It’s spring and I’ve just spent the weekend composting my garden and planting.  So it seems the right time to post about soils. 

“A farmer went out to sow his seed. As he was scattering the seed, some fell along the path, and the birds came and ate it up. Some fell on rocky places, where it did not have much soil. It sprang up quickly, because the soil was shallow. But when the sun came up, the plants were scorched, and they withered because they had no root. Other seed fell among thorns, which grew up and choked the plants. Still other seed fell on good soil, where it produced a crop—a hundred, sixty or thirty times what was sown. Whoever has ears, let them hear.”

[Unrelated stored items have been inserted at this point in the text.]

-- ===== src/Prelude/Dict.antt =====
-- A Python dict keyed by texts, in insertion order.
use Prim.Native.String.{String}
use mathlib.Core.Path.{◌≡◌, refl, sym, ap, ◌∙◌, subst}
use mathlib.Core.Logic.{inl, inr}
use mathlib.Core.Option.{Option, none, some}
use mathlib.Core.List.{List, [], ◌∷◌}
use native.Mathlib.Omega.{arith}
use text.Mathlib.Text.{◌==◌ as str_eq}
use text.Mathlib.TextEquality.{eq_iff}
use ai_daytrader_sim.Prelude.Tests.{if◌then◌else◌, Bool-cases}

abbrev pub Dict {ℓ} : Type ℓ → Type ℓ
Dict V = List (String × V)

module _ {ℓ} {V : Type ℓ} where
  abbrev pub lookup : String → Dict V → Option V
  lookup k [] = none
  lookup k ((j, v) ∷ d) = if str_eq j k then some v else lookup k d

  -- `d[k] = v`: an old key keeps its place, a new one goes to the end.
  abbrev pub insert : String → V → Dict V → Dict V
  insert k v [] = (k, v) ∷ []
  insert k v ((j, w) ∷ d) = if str_eq j k then (j, v) ∷ d else (j, w) ∷ insert k v d

  -- `d.pop(k, None)`, for the dict that is left.
  abbrev pub erase : String → Dict V → Dict V
  erase k [] = []
  erase k ((j, v) ∷ d) = if str_eq j k then d else (j, v) ∷ erase k d

  pub lookup-insert :
      (k j : String) (v : V) (d : Dict V)
      → lookup j (insert k v d) ≡ (if str_eq k j then some v else lookup j d)
  lookup-insert k j v [] = refl
  lookup-insert k j v ((i, w) ∷ d) =
      ground (arith, eq_iff k j, eq_iff i k, eq_iff i j, lookup-insert k j v d)

  pub lookup-insert_self : (k : String) (v : V) (d : Dict V) → lookup k (insert k v d) ≡ some v
  lookup-insert_self k v d = lookup-insert k k v d ∙ rw ((eq_iff k k).1 refl) refl

  -- `d.update(more)`
  abbrev pub update : Dict V → Dict V → Dict V
  update d [] = d
  update d ((k, v) ∷ more) = update (insert k v d) more

  pub lookup-update :
      (k : String) (d more : Dict V) → lookup k more ≡ none → lookup k (update d more) ≡ lookup k d
  lookup-update k d [] h = refl
  lookup-update k d ((j, v) ∷ more) h =
      ground (arith, lookup-update k (insert j v d) more, lookup-insert j k v d)

  -- The keys in order, and what a loop of `pop` over some keys leaves.
  abbrev pub keys : Dict V → List String
  keys [] = []
  keys ((k, v) ∷ d) = k ∷ keys d

  abbrev pub erase_each : List String → Dict V → Dict V
  erase_each [] d = d
  erase_each (k ∷ ks) d = erase_each ks (erase k d)

  pub erase-missing : (k : String) (d : Dict V) → lookup k d ≡ none → erase k d ≡ d
  erase-missing k [] e = refl
  erase-missing k ((j, v) ∷ d) e = ground (arith, erase-missing k d)

  erase-head : (k : String) (v : V) (d : Dict V) → erase k ((k, v) ∷ d) ≡ d
  erase-head k v d = rw ((eq_iff k k).1 refl) refl

  pub erase_each-keys : (d : Dict V) → erase_each (keys d) d ≡ []
  erase_each-keys [] = refl
  erase_each-keys ((k, v) ∷ d) = ap (erase_each (keys d)) (erase-head k v d) ∙ erase_each-keys d

  -- A dict with one key at most, which is `k`, whose value has the property `P`.
  abbrev pub At : String → (V → Type 0) → Dict V → Type 0
  At k P [] = Unit
  At k P ((j, v) ∷ []) = (j ≡ k) × P v
  At k P (x ∷ y ∷ d) = ⊥

  pub At-erase : (k s : String) (P : V → Type 0) (d : Dict V) → At k P d → At k P (erase s d)
  At-erase k s P [] h = tt
  At-erase k s P ((j, v) ∷ []) h = elim (Bool-cases (str_eq j s)) [
    | inl e ↦ rw e tt
    | inr e ↦ rw e h
  ]
  At-erase k s P (x ∷ y ∷ d) h = absurd h

  pub At-insert :
      (k s : String) (P : V → Type 0) (v : V) (d : Dict V)
      → s ≡ k
      → At k P d
      → P v
      → At k P (insert s v d)
  At-insert k s P v [] e h p = (e, p)
  At-insert k s P v ((j, w) ∷ []) e h p = rw ((eq_iff j s).1 (h.0 ∙ sym e)) (h.0, p)
  At-insert k s P v (x ∷ y ∷ d) e h p = absurd h

  pub At-lookup :
      (k s : String) (P : V → Type 0) (v : V) (d : Dict V)
      → At k P d
      → lookup s d ≡ some v
      → (s ≡ k) × P v
  At-lookup k s P v [] h e = cc
  At-lookup k s P v ((j, w) ∷ []) h e = elim (Bool-cases (str_eq j s)) [
    | inl t ↦ let same : w ≡ v = ground arith in (sym ((eq_iff j s).0 t) ∙ h.0, subst P same h.1)
    | inr t ↦ cc
  ]
  At-lookup k s P v (x ∷ y ∷ d) h e = absurd h

  pub At-erase_self : (k : String) (P : V → Type 0) (d : Dict V) → At k P d → erase k d ≡ []
  At-erase_self k P [] h = refl
  At-erase_self k P ((j, v) ∷ []) h = rw ((eq_iff j k).1 h.0) refl
  At-erase_self k P (x ∷ y ∷ d) h = absurd h

  -- Every entry of a dict has the property `P`.
  abbrev pub Entries : (String → V → Type 0) → Dict V → Type 0
  Entries P [] = Unit
  Entries P ((k, v) ∷ d) = P k v × Entries P d

  pub Entries-lookup :
      (P : String → V → Type 0) (k : String) (v : V) (d : Dict V)
      → Entries P d
      → lookup k d ≡ some v
      → P k v
  Entries-lookup P k v [] h e = cc
  Entries-lookup P k v ((j, w) ∷ d) (h, hs) e = elim (Bool-cases (str_eq j k)) [
    | inl t ↦
        let same : w ≡ v = ground arith in
        subst (λ i. P i v) ((eq_iff j k).0 t) (subst (P j) same h)
    | inr t ↦ Entries-lookup P k v d hs (rw t at e)
  ]

  pub Entries-insert :
      (P : String → V → Type 0) (k : String) (v : V) (d : Dict V)
      → Entries P d
      → P k v
      → Entries P (insert k v d)
  Entries-insert P k v [] h p = (p, tt)
  Entries-insert P k v ((j, w) ∷ d) (h, hs) p = elim (Bool-cases (str_eq j k)) [
    | inl t ↦ rw t (subst (λ i. P i v) (sym ((eq_iff j k).0 t)) p, hs)
    | inr t ↦ rw t (h, Entries-insert P k v d hs p)
  ]
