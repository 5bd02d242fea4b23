-- ===== src/Float.antt =====
-- What the program does with Python's `float`: whole numbers as floats, arithmetic, comparisons and
-- `math.floor`. The type is a parameter of the model, so that nothing is assumed of rounding; what a
-- theorem does assume it takes as a record of laws. `MarketTick` refuses NaN and the infinities.
pub mod Laws
pub mod Scaled
use ai_daytrader_sim.Prelude.{ℕ, Bool, if◌then◌else◌}

pub record Float (R : Type 0) : Type 0 where
  pub num : ℕ → R
  pub add : R → R → R
  pub sub : R → R → R
  pub mul : R → R → R
  pub div : R → R → R
  pub le : R → R → Bool
  pub lt : R → R → Bool
  pub eq : R → R → Bool
  -- `math.floor`, with 0 for what is negative: each use of the program refuses both alike
  pub floor : R → ℕ

module _ {R : Type 0} ⦃f : Float R⦄ where
  infixl 65 ◌⊕◌ ◌⊖◌
  infixl 70 ◌⊗◌ ◌⊘◌
  abbrev pub ◌⊕◌ : R → R → R
  ◌⊕◌ = f.add

  abbrev pub ◌⊖◌ : R → R → R
  ◌⊖◌ = f.sub

  abbrev pub ◌⊗◌ : R → R → R
  ◌⊗◌ = f.mul

  abbrev pub ◌⊘◌ : R → R → R
  ◌⊘◌ = f.div

  abbrev pub num : ℕ → R
  num = f.num

  abbrev pub le : R → R → Bool
  le = f.le

  abbrev pub lt : R → R → Bool
  lt = f.lt

  abbrev pub feq : R → R → Bool
  feq = f.eq

  abbrev pub floor : R → ℕ
  floor = f.floor

  -- `max(a, b)` and `min(a, b)`: the first argument unless the second is beyond it
  abbrev pub fmax : R → R → R
  fmax a b = if f.lt a b then b else a

  abbrev pub fmin : R → R → R
  fmin a b = if f.lt b a then b else a

  -- `-x` and `abs(x)`
  abbrev pub neg : R → R
  neg x = f.sub (f.num 0) x

  abbrev pub abs : R → R
  abs x = if f.lt x (f.num 0) then f.sub (f.num 0) x else x
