-- ===== src/Models/Rule.antt =====
-- models.py: predicates and rule groups, and the values that they are evaluated over.
use ai_daytrader_sim.Prelude.{ℕ, String, Bool, List, if◌then◌else◌}
use ai_daytrader_sim.Float.{Float, num}

pub data Operator : Type 0 where
  eq ne gt gte lt lte cross_above cross_below : Operator

-- `float | bool`, the values of indicators.
pub data Value (R : Type 0) : Type 0 where
  number : R → Value R
  flag : Bool → Value R

-- `float | bool | str`, the right side of a predicate: a text names an indicator.
pub data Operand (R : Type 0) : Type 0 where
  literal : Value R → Operand R
  reference : String → Operand R

-- Python's numeric value: `True` is 1 and `False` is 0.
abbrev pub as_float : {R : Type 0} ⦃f : Float R⦄ → Value R → R
as_float (Value.number x) = x
as_float (Value.flag b) = if b then num 1 else num 0

pub record Predicate (R : Type 0) : Type 0 where
  pub indicator : String
  pub operator : Operator
  pub value : Operand R
  pub confirm_ticks : ℕ
  pub hold_above_ms : ℕ
  pub minimum_cross_pct : R
  pub cooldown_sec : ℕ

pub data Mode : Type 0 where
  all_of any_of : Mode

mutual
  pub data RuleGroup (R : Type 0) : Type 0 where
    group : Mode → List (Predicate R) → Groups R → RuleGroup R

  pub data Groups (R : Type 0) : Type 0 where
    nil : Groups R
    cons : RuleGroup R → Groups R → Groups R
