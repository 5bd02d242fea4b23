-- ===== src/Models.antt =====
-- models.py, config.py: the enumerations and the records that the components exchange. Times are
-- counted in microseconds and dates in days; a time stands for an instant, so that the order of the
-- numbers is the order of the instants.
pub mod Rule
pub mod Checks
pub mod Quote
pub mod Nesting
pub mod Prices
mod Tests
use ai_daytrader_sim.Prelude.{ℕ, String, Bool, true, false, Option, List}
use ai_daytrader_sim.Prelude.Dict.{Dict}
use Rule.{Value, RuleGroup}

pub data Market : Type 0 where
  kr us : Market

abbrev pub same_market : Market → Market → Bool
same_market Market.kr Market.kr = true
same_market Market.us Market.us = true
same_market _ _ = false

pub data PlanStatus : Type 0 where
  validated armed running completed expired rejected cancelled : PlanStatus

pub data OrderState : Type 0 where
  signal_triggered entry_pending partially_filled filled position_open exit_pending closed cancelled
        expired data_error market_halted risk_blocked force_closed :
      OrderState

pub data QuoteScope : Type 0 where
  consolidated venue unknown : QuoteScope

pub data Session : Type 0 where
  premarket regular afterhours closed : Session

pub data MarketStatus : Type 0 where
  open_market closed halted : MarketStatus

pub data SymbolStatus : Type 0 where
  trading halted paused : SymbolStatus

pub data LuldStatus : Type 0 where
  normal limit_up limit_down paused : LuldStatus

pub record StopLossSpec (R : Type 0) : Type 0 where
  pub price : R
  pub limit_offset_pct : R
  -- in microseconds
  pub emergency_exit_after : ℕ

pub record TakeProfitSpec (R : Type 0) : Type 0 where
  pub price : R
  pub quantity_pct : ℕ

pub record ExitPolicy (R : Type 0) : Type 0 where
  pub max_holding_minutes : ℕ
  pub no_progress_exit_minutes : Option ℕ
  pub no_progress_min_pct : R
  pub exit_if_below_vwap_sec : Option ℕ
  pub move_stop_to_entry_after_tp1 : Bool

pub record EntrySpec (R : Type 0) : Type 0 where
  pub trigger_price : R
  pub limit_price : R
  pub start_time : ℕ
  pub end_time : ℕ
  pub price_only : Bool
  pub rules : RuleGroup R

-- Durations in minutes are in microseconds here.
pub record PullbackRebreakSpec (R : Type 0) : Type 0 where
  pub breakout_confirm_ticks : ℕ
  pub breakout_hold_ms : ℕ
  pub breakout_relative_volume_min : R
  pub pullback_depth_atr_min : R
  pub pullback_depth_atr_max : R
  pub pullback_min : ℕ
  pub pullback_max : ℕ
  pub pullback_rsi_min : R
  pub pullback_rsi_max : R
  pub pullback_volume_ratio_max : R
  pub support_breach_pct_max : R
  pub rebreak_rsi_min : R
  pub rebreak_rsi_max : R
  pub rebreak_relative_volume_min : R
  pub spread_pct_max : R
  pub require_market_above_vwap : Bool

pub data StrategyType : Type 0 where
  rules pullback_rebreak : StrategyType

pub record CandidatePlan (R : Type 0) : Type 0 where
  pub symbol : String
  pub exchange : String
  pub strategy_type : StrategyType
  pub entry : EntrySpec R
  pub stop_loss : StopLossSpec R
  pub take_profit : List (TakeProfitSpec R)
  pub exit_policy : ExitPolicy R
  pub pullback_rebreak : Option (PullbackRebreakSpec R)
  pub force_exit_time : ℕ

pub record TradePlan (R : Type 0) : Type 0 where
  pub plan_id : String
  pub plan_version : ℕ
  pub created_at : ℕ
  pub market : Market
  pub trade_date : ℕ
  pub expires_at : ℕ
  pub approval_nonce : String
  pub approved_symbols : List (CandidatePlan R)

-- `MarketTick`, after its validators: the timestamps are there, so that `received_timestamp or
-- timestamp` is the first.
pub record MarketTick (R : Type 0) : Type 0 where
  pub market : Market
  pub symbol : String
  pub source_timestamp : ℕ
  pub received_timestamp : ℕ
  pub sequence_id : ℕ
  pub connection_id : String
  pub quote_scope : QuoteScope
  pub session : Session
  pub market_status : MarketStatus
  pub symbol_status : SymbolStatus
  pub luld_status : LuldStatus
  pub corporate_action : Bool
  pub last : R
  pub bid : R
  pub ask : R
  pub ask_size : ℕ
  pub trade_size : ℕ
  pub indicators : Dict (Value R)
  pub indicator_timestamps : Dict ℕ
  pub indicator_ready : Dict Bool

-- `CostConfig` of config.py. Seconds and milliseconds that may be fractions are in microseconds.
pub record CostConfig (R : Type 0) : Type 0 where
  pub initial_cash : R
  pub commission_bps_each_side : R
  pub slippage_bps_each_side : R
  pub sell_tax_bps : Option R
  pub fx_bps_each_side : R
  pub trade_risk_pct : R
  pub daily_loss_limit_pct : R
  pub max_position_quantity : ℕ
  pub fill_latency_ms : ℕ
  pub fill_timeout : ℕ
  pub allow_partial_fill : Bool
  pub max_fill_quantity_per_tick : ℕ
  pub volume_participation_pct : R
  pub max_order_submissions_per_day : ℕ
  pub max_filled_entries_per_day : ℕ
  pub consecutive_stop_limit : ℕ
  pub stop_cooldown_minutes : ℕ
  pub halt_resume_cooldown_seconds : ℕ
  pub max_spread_pct : R
  pub max_tick_age : ℕ
  pub indicator_max_age : ℕ

abbrev pub is_open : MarketStatus → Bool
is_open MarketStatus.open_market = true
is_open _ = false

abbrev pub is_trading : SymbolStatus → Bool
is_trading SymbolStatus.trading = true
is_trading _ = false

abbrev pub is_normal : LuldStatus → Bool
is_normal LuldStatus.normal = true
is_normal _ = false

abbrev pub is_regular : Session → Bool
is_regular Session.regular = true
is_regular _ = false

abbrev pub is_consolidated : QuoteScope → Bool
is_consolidated QuoteScope.consolidated = true
is_consolidated _ = false

abbrev pub us_per_second : ℕ
us_per_second = 1_000_000

abbrev pub us_per_minute : ℕ
us_per_minute = 60_000_000
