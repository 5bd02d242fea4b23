-- ===== src/Portfolio.antt =====
-- broker.py: the orders, positions and portfolios that the paper broker keeps.
use ai_daytrader_sim.Prelude.{ℕ, ◌-◌, String, Option, none, List, []}
use ai_daytrader_sim.Prelude.Dict.{Dict}
use ai_daytrader_sim.Float.{Float, num}
use ai_daytrader_sim.Models.{Market, OrderState, ExitPolicy}

pub record PendingOrder (R : Type 0) : Type 0 where
  pub order_id : String
  pub idempotency_key : String
  pub market : Market
  pub symbol : String
  pub exchange : String
  pub plan_id : String
  pub state : OrderState
  pub created_at : ℕ
  pub eligible_fill_at : ℕ
  pub expires_at : ℕ
  pub limit_price : R
  pub desired_quantity : ℕ
  pub filled_quantity : ℕ
  pub average_fill_price : R
  pub risk_per_share : R
  pub stop_price : R
  pub stop_limit_offset_pct : R
  -- in microseconds
  pub emergency_exit_after : ℕ
  pub target_specs : List (R × ℕ)
  pub exit_policy : ExitPolicy R

-- `PendingOrder.remaining`: an order never holds more than it asks for (`Broker/Slot`).
abbrev pub remaining_of : {R : Type 0} → PendingOrder R → ℕ
remaining_of o = o.desired_quantity - o.filled_quantity

pub record Position (R : Type 0) : Type 0 where
  pub market : Market
  pub symbol : String
  pub exchange : String
  pub plan_id : String
  pub quantity : ℕ
  pub remaining : ℕ
  pub entry_price : R
  pub stop_price : R
  pub stop_limit_offset_pct : R
  pub emergency_exit_after : ℕ
  pub targets : List (R × ℕ)
  pub target_specs : List (R × ℕ)
  pub opened_at : ℕ
  pub exit_policy : ExitPolicy R
  pub highest_price : R
  pub realized_pnl : R
  pub fees : R
  pub filled_targets : List ℕ
  pub exit_pending_at : Option ℕ
  pub exit_reason : Option String
  pub below_vwap_since : Option ℕ

pub record Portfolio (R : Type 0) : Type 0 where
  pub market : Market
  pub initial_cash : R
  pub cash : R
  pub realized_pnl : R
  pub session_realized_pnl : R
  pub positions : Dict (Position R)
  pub pending_orders : Dict (PendingOrder R)
  pub trades_today : ℕ
  pub order_submissions_today : ℕ
  pub consecutive_stops : ℕ
  pub cooldown_until : Option ℕ
  pub session_date : Option ℕ

-- `Portfolio(market, initial_cash, initial_cash)`
abbrev pub new_portfolio : {R : Type 0} ⦃f : Float R⦄ → Market → R → Portfolio R
new_portfolio m cash = record {
  market = m;
  initial_cash = cash;
  cash = cash;
  realized_pnl = num 0;
  session_realized_pnl = num 0;
  positions = [];
  pending_orders = [];
  trades_today = 0;
  order_submissions_today = 0;
  consecutive_stops = 0;
  cooldown_until = none;
  session_date = none;
}
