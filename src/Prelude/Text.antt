-- ===== src/Prelude/Text.antt =====
-- `str.upper` on the ASCII letters.
pub use text.Mathlib.Text.{starts_with, find?}
use Prim.Native.Char.{Char, code}
use Prim.Native.String.{String}
use Prim.Native.Nat.{ℕ}
use mathlib.Core.List.{List, [], ◌∷◌}
use mathlib.Core.Path.{◌≡◌, refl, ap}
use mathlib.Core.Logic.{◌⊎◌, inl, inr}
use ai_daytrader_sim.Prelude.Tests.{◌==◌, if◌then◌else◌, Bool-cases}

-- The codes of the lower case letters, each with its upper case letter.
abbrev letters : List (ℕ × Char)
letters =
    (b'a', "A")
    ∷ (b'b', "B")
    ∷ (b'c', "C")
    ∷ (b'd', "D")
    ∷ (b'e', "E")
    ∷ (b'f', "F")
    ∷ (b'g', "G")
    ∷ (b'h', "H")
    ∷ (b'i', "I")
    ∷ (b'j', "J")
    ∷ (b'k', "K")
    ∷ (b'l', "L")
    ∷ (b'm', "M")
    ∷ (b'n', "N")
    ∷ (b'o', "O")
    ∷ (b'p', "P")
    ∷ (b'q', "Q")
    ∷ (b'r', "R")
    ∷ (b's', "S")
    ∷ (b't', "T")
    ∷ (b'u', "U")
    ∷ (b'v', "V")
    ∷ (b'w', "W")
    ∷ (b'x', "X")
    ∷ (b'y', "Y")
    ∷ (b'z', "Z")
    ∷ []

replaced : List (ℕ × Char) → Char → Char
replaced [] c = c
replaced ((n, u) ∷ rest) c = if code c == n then u else replaced rest c

unfoldable pub upper : String → String
unfolding replaced
upper String.[] = String.[]
upper (String.◌∷◌ c s) = String.◌∷◌ (replaced letters c) (upper s)

-- The letters of a table stay as they are.
abbrev Fixed : List (ℕ × Char) → Type 0
Fixed [] = Unit
Fixed ((n, u) ∷ rest) = (replaced letters u ≡ u) × Fixed rest

letters-Fixed : Fixed letters
unfolding replaced
letters-Fixed = (
  refl,
  (
    refl,
    (
      refl,
      (
        refl,
        (
          refl,
          (
            refl,
            (
              refl,
              (
                refl,
                (
                  refl,
                  (
                    refl,
                    (
                      refl,
                      (
                        refl,
                        (
                          refl,
                          (
                            refl,
                            (
                              refl,
                              (
                                refl,
                                (
                                  refl,
                                  (
                                    refl,
                                    (
                                      refl,
                                      (refl, (refl, (refl, (refl, (refl, (refl, (refl, tt))))))),
                                    ),
                                  ),
                                ),
                              ),
                            ),
                          ),
                        ),
                      ),
                    ),
                  ),
                ),
              ),
            ),
          ),
        ),
      ),
    ),
  ),
)

replaced-Fixed :
    (ls : List (ℕ × Char)) (c : Char)
    → Fixed ls
    → (replaced ls c ≡ c) ⊎ (replaced letters (replaced ls c) ≡ replaced ls c)
unfolding replaced
replaced-Fixed [] c h = inl refl
replaced-Fixed ((n, u) ∷ rest) c (h, hs) = elim (Bool-cases (code c == n)) [
  | inl e ↦ rw e (inr h)
  | inr e ↦ rw e (replaced-Fixed rest c hs)
]

replaced-twice : (c : Char) → replaced letters (replaced letters c) ≡ replaced letters c
replaced-twice c = elim (replaced-Fixed letters c letters-Fixed) [
  | inl e ↦ ap (replaced letters) e
  | inr e ↦ e
]

pub upper-upper : (s : String) → upper (upper s) ≡ upper s
unfolding upper
upper-upper String.[] = refl
upper-upper (String.◌∷◌ c s) = rw (replaced-twice c, upper-upper s) refl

This parable is from the book of Matthew in the Bible.  It is explained later by Jesus and he says that the seed that falls on the different soils is the word of God.  I was always taught to hear “the word” as the “scriptures” or the “bible”.  But the “word” in the original text is “logos” – logic.

The word

The logos

The logic of God

God’s logic is not what we would expect.  Down is up and up is down.  We love our enemies.  The meek inherit the earth.  Those things we think are bad are actually good – or vice versa. 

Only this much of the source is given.